=== EXERCISE INPUT ===
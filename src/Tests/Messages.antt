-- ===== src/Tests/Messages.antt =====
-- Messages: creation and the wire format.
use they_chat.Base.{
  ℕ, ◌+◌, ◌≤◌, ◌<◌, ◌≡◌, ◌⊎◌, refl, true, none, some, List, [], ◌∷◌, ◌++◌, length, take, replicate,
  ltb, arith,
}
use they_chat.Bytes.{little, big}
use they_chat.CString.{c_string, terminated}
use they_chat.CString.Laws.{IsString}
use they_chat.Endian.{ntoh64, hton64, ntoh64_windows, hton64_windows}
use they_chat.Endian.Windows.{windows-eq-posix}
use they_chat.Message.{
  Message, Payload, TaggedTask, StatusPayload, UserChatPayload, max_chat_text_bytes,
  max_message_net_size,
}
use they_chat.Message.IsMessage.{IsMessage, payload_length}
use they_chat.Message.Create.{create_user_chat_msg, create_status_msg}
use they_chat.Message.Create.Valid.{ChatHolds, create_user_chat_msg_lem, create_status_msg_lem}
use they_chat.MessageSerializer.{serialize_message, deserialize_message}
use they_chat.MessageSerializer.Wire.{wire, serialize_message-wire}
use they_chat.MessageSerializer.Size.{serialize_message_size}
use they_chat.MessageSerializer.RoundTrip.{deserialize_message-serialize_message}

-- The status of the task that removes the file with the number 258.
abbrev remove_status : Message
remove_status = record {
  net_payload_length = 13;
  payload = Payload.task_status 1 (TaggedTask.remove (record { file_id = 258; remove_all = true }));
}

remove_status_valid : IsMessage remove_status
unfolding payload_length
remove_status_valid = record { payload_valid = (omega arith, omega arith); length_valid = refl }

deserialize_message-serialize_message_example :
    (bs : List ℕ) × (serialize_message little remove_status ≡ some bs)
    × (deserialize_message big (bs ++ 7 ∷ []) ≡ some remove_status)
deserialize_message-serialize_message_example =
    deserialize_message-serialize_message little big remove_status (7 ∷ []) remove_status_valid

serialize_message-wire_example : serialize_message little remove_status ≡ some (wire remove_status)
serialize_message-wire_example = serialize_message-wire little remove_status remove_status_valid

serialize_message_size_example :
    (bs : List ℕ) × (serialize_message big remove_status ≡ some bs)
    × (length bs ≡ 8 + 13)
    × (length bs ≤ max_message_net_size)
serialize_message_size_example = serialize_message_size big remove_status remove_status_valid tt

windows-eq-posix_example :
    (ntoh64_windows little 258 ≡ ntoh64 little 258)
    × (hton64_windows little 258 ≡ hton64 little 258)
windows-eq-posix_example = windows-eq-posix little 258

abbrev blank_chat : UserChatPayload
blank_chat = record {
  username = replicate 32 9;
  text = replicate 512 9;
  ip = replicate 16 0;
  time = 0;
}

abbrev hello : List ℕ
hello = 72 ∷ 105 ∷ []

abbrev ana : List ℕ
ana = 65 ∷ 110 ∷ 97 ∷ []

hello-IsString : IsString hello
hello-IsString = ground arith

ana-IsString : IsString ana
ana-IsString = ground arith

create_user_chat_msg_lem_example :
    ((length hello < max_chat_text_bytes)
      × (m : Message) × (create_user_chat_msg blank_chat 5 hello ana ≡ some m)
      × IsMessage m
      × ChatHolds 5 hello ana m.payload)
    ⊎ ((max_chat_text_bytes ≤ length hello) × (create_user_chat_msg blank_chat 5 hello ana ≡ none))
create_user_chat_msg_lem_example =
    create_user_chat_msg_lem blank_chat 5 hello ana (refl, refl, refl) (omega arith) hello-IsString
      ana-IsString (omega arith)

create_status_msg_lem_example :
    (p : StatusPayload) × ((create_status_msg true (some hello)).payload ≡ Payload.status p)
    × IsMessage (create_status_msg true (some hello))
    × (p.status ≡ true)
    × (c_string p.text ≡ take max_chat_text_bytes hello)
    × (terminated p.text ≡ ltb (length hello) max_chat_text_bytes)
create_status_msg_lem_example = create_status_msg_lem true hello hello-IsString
===
=== EXERCISE INPUT ===
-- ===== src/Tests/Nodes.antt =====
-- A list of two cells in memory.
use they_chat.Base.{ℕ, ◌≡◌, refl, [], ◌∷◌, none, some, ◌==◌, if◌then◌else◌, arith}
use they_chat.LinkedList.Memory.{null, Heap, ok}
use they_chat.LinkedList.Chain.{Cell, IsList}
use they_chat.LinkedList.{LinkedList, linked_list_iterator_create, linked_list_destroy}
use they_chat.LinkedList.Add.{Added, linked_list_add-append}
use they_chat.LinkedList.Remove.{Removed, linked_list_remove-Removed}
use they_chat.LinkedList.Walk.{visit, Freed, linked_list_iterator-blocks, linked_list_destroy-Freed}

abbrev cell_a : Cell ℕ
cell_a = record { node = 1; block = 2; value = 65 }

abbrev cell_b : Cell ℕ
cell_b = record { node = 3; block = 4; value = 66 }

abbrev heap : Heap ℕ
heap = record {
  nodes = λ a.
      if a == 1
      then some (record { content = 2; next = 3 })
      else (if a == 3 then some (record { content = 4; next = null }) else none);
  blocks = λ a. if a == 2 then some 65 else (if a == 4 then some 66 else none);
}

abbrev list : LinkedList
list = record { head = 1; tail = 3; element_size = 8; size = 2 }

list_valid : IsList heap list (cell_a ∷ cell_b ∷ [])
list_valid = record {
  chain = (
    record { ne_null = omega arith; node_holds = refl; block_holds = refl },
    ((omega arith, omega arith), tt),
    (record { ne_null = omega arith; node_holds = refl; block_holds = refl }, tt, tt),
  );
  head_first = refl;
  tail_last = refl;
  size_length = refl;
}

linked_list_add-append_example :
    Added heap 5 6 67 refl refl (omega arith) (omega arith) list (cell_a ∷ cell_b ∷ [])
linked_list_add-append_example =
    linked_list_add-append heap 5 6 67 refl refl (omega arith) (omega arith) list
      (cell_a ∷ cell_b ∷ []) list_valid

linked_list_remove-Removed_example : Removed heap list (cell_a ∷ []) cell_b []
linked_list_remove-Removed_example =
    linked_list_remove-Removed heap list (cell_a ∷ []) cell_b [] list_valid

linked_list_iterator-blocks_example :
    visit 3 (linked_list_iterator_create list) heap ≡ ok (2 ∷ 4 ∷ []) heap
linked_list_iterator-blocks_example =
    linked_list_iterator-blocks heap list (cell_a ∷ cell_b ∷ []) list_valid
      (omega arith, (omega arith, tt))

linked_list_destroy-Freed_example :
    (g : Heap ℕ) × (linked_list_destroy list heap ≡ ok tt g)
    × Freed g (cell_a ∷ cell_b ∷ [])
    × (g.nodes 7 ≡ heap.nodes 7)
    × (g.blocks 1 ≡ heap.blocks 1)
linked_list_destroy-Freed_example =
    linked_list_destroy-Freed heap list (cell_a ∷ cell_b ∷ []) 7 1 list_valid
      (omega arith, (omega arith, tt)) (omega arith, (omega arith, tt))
===
=== EXERCISE INPUT ===
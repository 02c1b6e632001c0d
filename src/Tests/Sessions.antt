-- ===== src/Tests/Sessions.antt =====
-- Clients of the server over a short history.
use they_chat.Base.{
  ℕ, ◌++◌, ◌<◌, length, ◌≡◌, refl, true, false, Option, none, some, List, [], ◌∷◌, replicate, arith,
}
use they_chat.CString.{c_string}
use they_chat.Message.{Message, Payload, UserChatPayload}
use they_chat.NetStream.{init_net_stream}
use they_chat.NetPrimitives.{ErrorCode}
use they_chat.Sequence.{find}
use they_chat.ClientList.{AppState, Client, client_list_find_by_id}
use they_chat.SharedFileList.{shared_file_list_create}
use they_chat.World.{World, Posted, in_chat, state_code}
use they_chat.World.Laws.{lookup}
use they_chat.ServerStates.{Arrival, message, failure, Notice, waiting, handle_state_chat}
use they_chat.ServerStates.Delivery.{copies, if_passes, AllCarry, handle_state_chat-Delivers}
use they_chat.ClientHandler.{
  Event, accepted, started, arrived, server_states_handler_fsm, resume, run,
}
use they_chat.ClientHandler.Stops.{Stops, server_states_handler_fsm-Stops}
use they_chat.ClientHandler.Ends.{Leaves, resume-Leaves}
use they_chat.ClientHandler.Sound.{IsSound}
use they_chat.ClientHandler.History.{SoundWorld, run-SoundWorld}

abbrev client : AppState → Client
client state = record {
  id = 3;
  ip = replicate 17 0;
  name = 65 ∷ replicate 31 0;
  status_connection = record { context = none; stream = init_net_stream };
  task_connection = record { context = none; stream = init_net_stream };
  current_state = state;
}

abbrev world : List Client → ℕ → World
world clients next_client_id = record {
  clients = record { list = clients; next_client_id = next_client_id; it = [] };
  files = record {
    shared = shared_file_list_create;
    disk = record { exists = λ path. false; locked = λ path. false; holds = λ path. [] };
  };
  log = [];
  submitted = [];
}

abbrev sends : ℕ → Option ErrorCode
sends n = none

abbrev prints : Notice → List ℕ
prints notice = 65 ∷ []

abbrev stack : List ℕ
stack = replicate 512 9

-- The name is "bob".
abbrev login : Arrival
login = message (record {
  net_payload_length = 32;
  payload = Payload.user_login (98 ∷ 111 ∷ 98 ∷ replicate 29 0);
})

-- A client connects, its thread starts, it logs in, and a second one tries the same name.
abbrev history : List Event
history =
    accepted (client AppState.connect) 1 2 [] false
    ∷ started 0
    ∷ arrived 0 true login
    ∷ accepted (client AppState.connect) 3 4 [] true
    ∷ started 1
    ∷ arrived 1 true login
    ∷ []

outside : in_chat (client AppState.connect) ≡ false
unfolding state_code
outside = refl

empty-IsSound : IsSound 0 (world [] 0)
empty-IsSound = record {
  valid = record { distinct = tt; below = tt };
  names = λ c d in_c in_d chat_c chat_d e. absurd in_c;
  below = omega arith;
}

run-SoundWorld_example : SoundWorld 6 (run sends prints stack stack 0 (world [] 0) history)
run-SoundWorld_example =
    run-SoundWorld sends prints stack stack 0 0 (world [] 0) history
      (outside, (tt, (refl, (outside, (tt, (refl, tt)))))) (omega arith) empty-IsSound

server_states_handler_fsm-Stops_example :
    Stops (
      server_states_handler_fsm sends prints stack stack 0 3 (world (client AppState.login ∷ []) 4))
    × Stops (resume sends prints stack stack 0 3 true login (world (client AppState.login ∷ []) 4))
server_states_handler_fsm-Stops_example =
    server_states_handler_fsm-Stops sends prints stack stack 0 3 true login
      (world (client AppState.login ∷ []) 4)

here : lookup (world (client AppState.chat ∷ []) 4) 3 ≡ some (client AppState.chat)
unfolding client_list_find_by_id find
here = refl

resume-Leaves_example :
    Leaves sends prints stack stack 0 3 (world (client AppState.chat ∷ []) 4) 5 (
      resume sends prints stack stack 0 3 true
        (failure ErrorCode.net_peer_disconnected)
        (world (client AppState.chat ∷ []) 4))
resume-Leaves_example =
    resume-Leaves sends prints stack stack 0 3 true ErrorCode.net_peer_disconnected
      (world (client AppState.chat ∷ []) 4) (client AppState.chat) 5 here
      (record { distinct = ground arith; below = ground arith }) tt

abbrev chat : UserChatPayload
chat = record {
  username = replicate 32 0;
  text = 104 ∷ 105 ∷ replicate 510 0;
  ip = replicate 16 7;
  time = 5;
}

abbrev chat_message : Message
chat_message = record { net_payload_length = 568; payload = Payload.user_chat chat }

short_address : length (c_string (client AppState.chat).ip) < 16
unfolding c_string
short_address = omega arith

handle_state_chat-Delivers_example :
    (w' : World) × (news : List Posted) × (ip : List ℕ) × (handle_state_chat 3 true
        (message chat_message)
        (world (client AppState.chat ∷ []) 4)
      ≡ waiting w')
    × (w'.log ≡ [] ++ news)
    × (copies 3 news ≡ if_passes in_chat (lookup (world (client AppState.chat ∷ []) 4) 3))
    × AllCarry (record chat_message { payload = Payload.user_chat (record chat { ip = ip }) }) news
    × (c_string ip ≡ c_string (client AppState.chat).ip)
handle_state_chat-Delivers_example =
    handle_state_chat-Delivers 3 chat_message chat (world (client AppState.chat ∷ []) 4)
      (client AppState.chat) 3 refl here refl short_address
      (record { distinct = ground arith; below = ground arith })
===
■ WHAT YOU SHOULD DO:
Beginning with the line above that contains "ana-IsString = ground arith", copy each line exactly up to and including the line that contains "create_status_msg_lem_example = create_status_msg_lem", and go no further.

■ FINISHED EXERCISE:
ana-IsString = ground arith

create_user_chat_msg_lem_example :
    ((length hello < max_chat_text_bytes)
      × (m : Message) × (create_user_chat_msg blank_chat 5 hello ana ≡ some m)
      × IsMessage m
      × ChatHolds 5 hello ana m.payload)
    ⊎ ((max_chat_text_bytes ≤ length hello) × (create_user_chat_msg blank_chat 5 hello ana ≡ none))
create_user_chat_msg_lem_example =
    create_user_chat_msg_lem blank_chat 5 hello ana (refl, refl, refl) (omega arith) hello-IsString
      ana-IsString (omega arith)

create_status_msg_lem_example :
    (p : StatusPayload) × ((create_status_msg true (some hello)).payload ≡ Payload.status p)
    × IsMessage (create_status_msg true (some hello))
    × (p.status ≡ true)
    × (c_string p.text ≡ take max_chat_text_bytes hello)
    × (terminated p.text ≡ ltb (length hello) max_chat_text_bytes)
create_status_msg_lem_example = create_status_msg_lem true hello hello-IsString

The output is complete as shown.